Daily Podcast September 24, 2008 "Managing Time"

We are talking about change this week. In area we all look at often and try and change is how we use time.  Today's podcast examines the difference between multi taskers and single taskers.  Which one do you want to be?

 
Comments

I enjoyed the podcast...reminds me of the word of God which tells us to be single-minded and focused.  Whenever I do this, I really do get a lot of things accomplished.  I have to still keep working on the consistency of doing this on a regular basis and not slip back into the bad habit of multi tasking...which is really nothing more than another word for distraction!  Wink

Great great podcast, but I do have a question.  When it comes to email, I feel like people expect a quick answer, so I do check back and forth.

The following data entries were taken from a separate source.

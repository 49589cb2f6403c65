-- ===== src/Collect/Searched.antt =====
-- The loops of src/c_config/device.rs over ranges of numbers: what is found for each number.

use checkc.Base.{
  or_intro, or_elim, ℕ, zero, suc, ◌+◌, ◌≤◌, ◌<◌, ◌≡◌, refl, ◌∙◌, sym, ap, true, List, [], ◌∷◌,
  ◌++◌, arith, inl, inr, ◌==◌, nat_eq, nat_beq_iff, Bool-cases,
}
use checkc.Base.Sets.{contains, contains-append}
use checkc.Config.{range_from}
use checkc.Proto.Device.{Device}
use checkc.Collect.Devices.{device_eq}
use checkc.Collect.Mknod.{}

-- The numbers of a range.
pub range_from-contains : (n a k : ℕ) → contains (range_from n a) k ≡ true → (a ≤ k) × (k < a + n)
unfolding range_from contains
range_from-contains zero a k h = absurd (cc h)
range_from-contains (suc n) a k h = elim (or_elim (k == a) (contains (range_from n (a + 1)) k) h) [
  | inl y ↦ let e = (nat_beq_iff k a).0 y in (omega arith, omega arith)
  | inr m ↦ let (l, u) = range_from-contains n (a + 1) k m in (omega arith, omega arith)
]

pub contains-range_from : (n a k : ℕ) → a ≤ k → k < a + n → contains (range_from n a) k ≡ true
unfolding range_from contains
contains-range_from zero a k l u = absurd (omega arith)
contains-range_from (suc n) a k l u = elim (Bool-cases (k == a)) [
  | inl y ↦ or_intro (k == a) (contains (range_from n (a + 1)) k) (inl y)
  | inr m ↦
      or_intro (k == a) (contains (range_from n (a + 1)) k)
        (inr (contains-range_from n (a + 1) k (ground (arith, m, l)) (omega (arith, u))))
]

-- What is found for each number of a list.
unfoldable pub flat_map : (ℕ → List Device) → List ℕ → List Device
flat_map f [] = []
flat_map f (n ∷ ns) = f n ++ flat_map f ns

pub flat_map-contains :
    (f : ℕ → List Device) (ns : List ℕ) (d : Device)
    → contains (flat_map f ns) d ≡ true
    → (n : ℕ) × (contains ns n ≡ true) × (contains (f n) d ≡ true)
unfolding flat_map contains
flat_map-contains f [] d h = absurd (cc h)
flat_map-contains f (n ∷ ns) d h =
    elim (or_elim (contains (f n) d) (contains (flat_map f ns) d)
      (sym (contains-append (f n) (flat_map f ns) d) ∙ h)) [
        | inl y ↦ (n, or_intro (n == n) (contains ns n) (inl ((nat_beq_iff n n).1 refl)), y)
        | inr m ↦
            let (k, l, u) = flat_map-contains f ns d m in
            (k, or_intro (k == n) (contains ns k) (inr l), u)
      ]

pub contains-flat_map :
    (f : ℕ → List Device) (ns : List ℕ) (d : Device) (n : ℕ)
    → contains ns n ≡ true
    → contains (f n) d ≡ true
    → contains (flat_map f ns) d ≡ true
unfolding flat_map contains
contains-flat_map f [] d n h m = absurd (cc h)
contains-flat_map f (k ∷ ns) d n h m =
    contains-append (f k) (flat_map f ns) d
    ∙ or_intro (contains (f k) d) (contains (flat_map f ns) d)
        (elim (or_elim (n == k) (contains ns n) h) [
          | inl y ↦ inl (ap (λ x. contains (f x) d) (sym ((nat_beq_iff n k).0 y)) ∙ m)
          | inr l ↦ inr (contains-flat_map f ns d n l m)
        ])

How do you make sure you are on top of your correspondence and stay single focused?

I too enjoyed this podcast, I don't often listen to the daily podcasts (well, almost never), but I listened to this one after seeing devlyn's blog post redirecting us here.  So I came along.

 

I have a huge problem managing time, there's always things I want to do, and never enough time to do them.  Earlier this year, in April, I took part in ScriptFrenzy, where you write 50 pages of script in 30 days.  Not that difficult was it?  I only managed 12 pages.  What I did, was work out how many pages it would take each day for 30 days, if I did 2 pages a day, that would take me over 50 pages in 30 days.  So that would be easy - but I spent time checking me emails, posting on the ScriptFrenzy emails, even IMing with others taking part and talking about it.  Talking to my friends in the real world, "I'm taking part in this... " all excited.  But I very rarely got down to actually do it, and my daily page count that I had to do kept increasing, as I had less and less time to do it.  I soon realised I needed more discipline in my life!  I never set aside the time to solidly work on my script, like the 2 hour slots Devlyn suggests.  Had I done so, imagine how much more I would have gotten done! 

 

I started my To Do List today, there's a lot of items on there, and they sit on my notepad undone while I check my emails and nosy around the site - guess I better get on with them before I run out of time for them!  :)

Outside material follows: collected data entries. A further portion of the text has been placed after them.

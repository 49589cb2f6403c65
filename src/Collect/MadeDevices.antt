-- ===== src/Collect/MadeDevices.antt =====
-- The devices that `mknod_brute_force` of src/c_config/device.rs finds.
use mathlib.Core.Path.{subst}
use checkc.Base.{
  or_intro, or_elim, ℕ, ◌≤◌, ◌≡◌, refl, ◌∙◌, sym, ap, String, Bool, true, false, ◌||◌, ◌↔◌, Option,
  none, some, List, [], ◌∷◌, ◌++◌, ok, arith, ◌⊎◌, inl, inr, nat_eq, if◌then◌else◌,
}
use checkc.Base.Sets.{contains, contains-append}
use checkc.Base.Text.{◌<>◌, show_ℕ}
use checkc.Config.{range_from}
use checkc.Proto.Device.{DeviceType, char, block, socket, fifo, Device}
use checkc.Collect.Devices.{Files, opens, device_eq, device_beq, device_beq_iff}
use checkc.Collect.Mknod.{
  made_device, made, try_mknod, try_numbers, try_minors, try_majors, mknod_brute_force,
}
use checkc.Collect.KnownDevices.{in_temp_dir-ok}
use checkc.Collect.Searched.{
  range_from-contains, contains-range_from, flat_map, flat_map-contains, contains-flat_map,
}

or_false : (b : Bool) → (b || false) ≡ true → b ≡ true
or_false true h = refl
or_false false h = h

only_if :
    (b : Bool) (x d : Device)
    → (contains (if b then x ∷ [] else []) d ≡ true) ↔ ((b ≡ true) × (d ≡ x))
unfolding contains
only_if true x d = (
  λ h. (refl, (device_beq_iff d x).0 (or_false (device_beq d x) h)),
  λ (_, e). or_intro (device_beq d x) false (inl ((device_beq_iff d x).1 e)),
)
only_if false x d = (λ h. absurd (cc h), λ (b, _). absurd (cc b))

-- The beginning of the names of the files, by the kind of the device.
unfoldable pub prefix : DeviceType → String
prefix char = "/char_"
prefix block = "/block_"
prefix socket = ""
prefix fifo = ""

module _ {S : Type 0} (files : Files S) (dir : String) where
  -- A device that mknod makes, with numbers in the range of the search, and that can be opened.
  pub IsMade : Device → Type 0
  IsMade d =
      (t : DeviceType) × (i : ℕ) × (j : ℕ) × (read : Option ℕ) × (write : Option ℕ) × ((t ≡ char)
        ⊎ (t ≡ block))
      × (i ≤ 4096)
      × (j ≤ 256)
      × (files.mknod t i j ≡ some (read, write))
      × ((opens read || opens write) ≡ true)
      × (d
          ≡ made_device files (dir <> prefix t <> show_ℕ i <> "_" <> show_ℕ j) t i j
              (opens read, opens write))

  -- The device that a call of mknod makes.
  Makes : String → DeviceType → ℕ → ℕ → Device → Option (Option ℕ × Option ℕ) → Type 0
  Makes path t i j d o =
      (read : Option ℕ) × (write : Option ℕ) × (o ≡ some (read, write))
      × ((opens read || opens write) ≡ true)
      × (d ≡ made_device files path t i j (opens read, opens write))

  made-Makes :
      (path : String) (t : DeviceType) (i j : ℕ) (d : Device) (o : Option (Option ℕ × Option ℕ))
      → (contains (made files path t i j o) d ≡ true) ↔ Makes path t i j d o
  unfolding made contains Makes
  made-Makes path t i j d none = (λ h. absurd (cc h), λ (read, write, e, k, l). absurd (cc e))
  made-Makes path t i j d (some (read, write)) =
      let rights : Bool × Bool = (opens read, opens write) in
      let (to, from) =
        only_if (opens read || opens write) (made_device files path t i j rights) d in
      (
        λ h. (read, write, refl, (to h).0, (to h).1),
        λ (read', write', e, k, l). from (cc (e, k), cc (e, l)),
      )

  -- For a device and its numbers.
  numbers-IsMade :
      (i j : ℕ) (d : Device)
      → i ≤ 4096
      → j ≤ 256
      → contains (try_numbers files dir i j) d ≡ true
      → IsMade d
  unfolding try_numbers try_mknod prefix IsMade Makes
  numbers-IsMade i j d l u h =
      let name = λ (p : String). dir <> p <> show_ℕ i <> "_" <> show_ℕ j in
      elim (or_elim (contains (made files (name "/char_") char i j (files.mknod char i j)) d)
        (contains (made files (name "/block_") block i j (files.mknod block i j)) d)
        (sym (
            contains-append (made files (name "/char_") char i j (files.mknod char i j))
              (made files (name "/block_") block i j (files.mknod block i j)) d)
          ∙ h)) [
            | inl y ↦
                let (read, write, e, k, m) =
                  (made-Makes (name "/char_") char i j d (files.mknod char i j)).0 y in
                (char, i, j, read, write, inl refl, l, u, e, k, m)
            | inr y ↦
                let (read, write, e, k, m) =
                  (made-Makes (name "/block_") block i j d (files.mknod block i j)).0 y in
                (block, i, j, read, write, inr refl, l, u, e, k, m)
          ]

  IsMade-numbers :
      (t : DeviceType) (i j : ℕ) (d : Device)
      → (t ≡ char) ⊎ (t ≡ block)
      → Makes (dir <> prefix t <> show_ℕ i <> "_" <> show_ℕ j) t i j d (files.mknod t i j)
      → contains (try_numbers files dir i j) d ≡ true
  unfolding try_numbers try_mknod prefix
  IsMade-numbers t i j d kind h =
      let name = λ (p : String). dir <> p <> show_ℕ i <> "_" <> show_ℕ j in
      let chars = made files (name "/char_") char i j (files.mknod char i j) in
      let blocks = made files (name "/block_") block i j (files.mknod block i j) in
      contains-append chars blocks d
      ∙ or_intro (contains chars d) (contains blocks d) (elim kind [
        | inl e ↦ inl (
            (made-Makes (name "/char_") char i j d (files.mknod char i j)).1
              (subst (λ k. Makes (name (prefix k)) k i j d (files.mknod k i j)) e h))
        | inr e ↦ inr (
            (made-Makes (name "/block_") block i j d (files.mknod block i j)).1
              (subst (λ k. Makes (name (prefix k)) k i j d (files.mknod k i j)) e h))
      ])

  try_minors-flat_map :
      (i : ℕ) (minors : List ℕ)
      → try_minors files dir i minors ≡ flat_map (try_numbers files dir i) minors
  unfolding try_minors flat_map
  try_minors-flat_map i [] = refl
  try_minors-flat_map i (j ∷ minors) =
      ap (λ ds. try_numbers files dir i j ++ ds) (try_minors-flat_map i minors)

  try_majors-flat_map :
      (majors : List ℕ)
      → try_majors files dir majors
        ≡ flat_map (λ i. flat_map (try_numbers files dir i) (range_from 257 0)) majors
  unfolding try_majors flat_map
  try_majors-flat_map [] = refl
  try_majors-flat_map (i ∷ majors) =
      rw (try_minors-flat_map i (range_from 257 0), try_majors-flat_map majors) refl

  -- Where the search for the devices that mknod can make returned, it found exactly those that mknod
  -- makes, of either kind and with a major number up to 4096 and a minor one up to 256, and that can then
  -- be opened for reading or for writing.
  pub mknod_brute_force-IsMade :
      {devices : List Device}
      → mknod_brute_force files ≡ ok devices
      → files.temp_dir ≡ inr dir
      → (d : Device) → (contains devices d ≡ true) ↔ IsMade d
  unfolding mknod_brute_force IsMade Makes
  mknod_brute_force-IsMade {devices} h named d =
      let (dir', named', same) =
        in_temp_dir-ok files (λ x. try_majors files x (range_from 4097 0)) h in
      let here : dir' ≡ dir = cc (named, named') in
      let minors = λ (i : ℕ). flat_map (try_numbers files dir i) (range_from 257 0) in
      let all : devices ≡ flat_map minors (range_from 4097 0) =
        sym same
        ∙ ap (λ x. try_majors files x (range_from 4097 0)) here
        ∙ try_majors-flat_map (range_from 4097 0) in
      (
        λ m.
            let (i, k, l) =
              flat_map-contains minors (range_from 4097 0) d
                (ap (λ ds. contains ds d) (sym all) ∙ m) in
            let (j, n, o) = flat_map-contains (try_numbers files dir i) (range_from 257 0) d l in
            let (_, u) = range_from-contains 4097 0 i k in
            let (_, v) = range_from-contains 257 0 j n in
            numbers-IsMade i j d (omega (arith, u)) (omega (arith, v)) o,
        λ (t, i, j, read, write, kind, u, v, e, k, m).
            ap (λ ds. contains ds d) all
            ∙ contains-flat_map minors (range_from 4097 0) d i
                (contains-range_from 4097 0 i (omega arith) (omega (arith, u)))
                (contains-flat_map (try_numbers files dir i) (range_from 257 0) d j
                  (contains-range_from 257 0 j (omega arith) (omega (arith, v)))
                  (IsMade-numbers t i j d kind (read, write, e, k, m))),
      )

Super Podcast...just Super :)

PJ

@biglife: I recently read a blog post on the blog for the book The 4-hour Work Week, and a user wrote in saying he had his entire team (he was the owner of a design firm) commit to only checking their email 4 times throughout the business day.

 

So, what I took from that, was to set a reminder or if you use Outlook/Thunderbird, change your preferences to where it only downloads email once every 2-3 hours.

 

For me, in my work day, even though I use gmail for email both work and personal, I turned on the free Pop3  option which allows me to check new email using Thunderbird/Outlook, and then set my Thunderbird to only check for new messages every 3 hours. That means 3 times throughout the work day I have 20 minutes (for a total of 60 minutes per day) blocked out for email. If the emails don't get answered in either of those 3 20-minute periods, then I will spend a little extra time at the end of the day making sure all "can't wait" emails get answered.

 

By the way everyone, I haven't read it yet, but ppl are swearing by the time management principles outlined in the 4-hour work week, so it might be something you'd like to check out. :-) Hope this was helpful!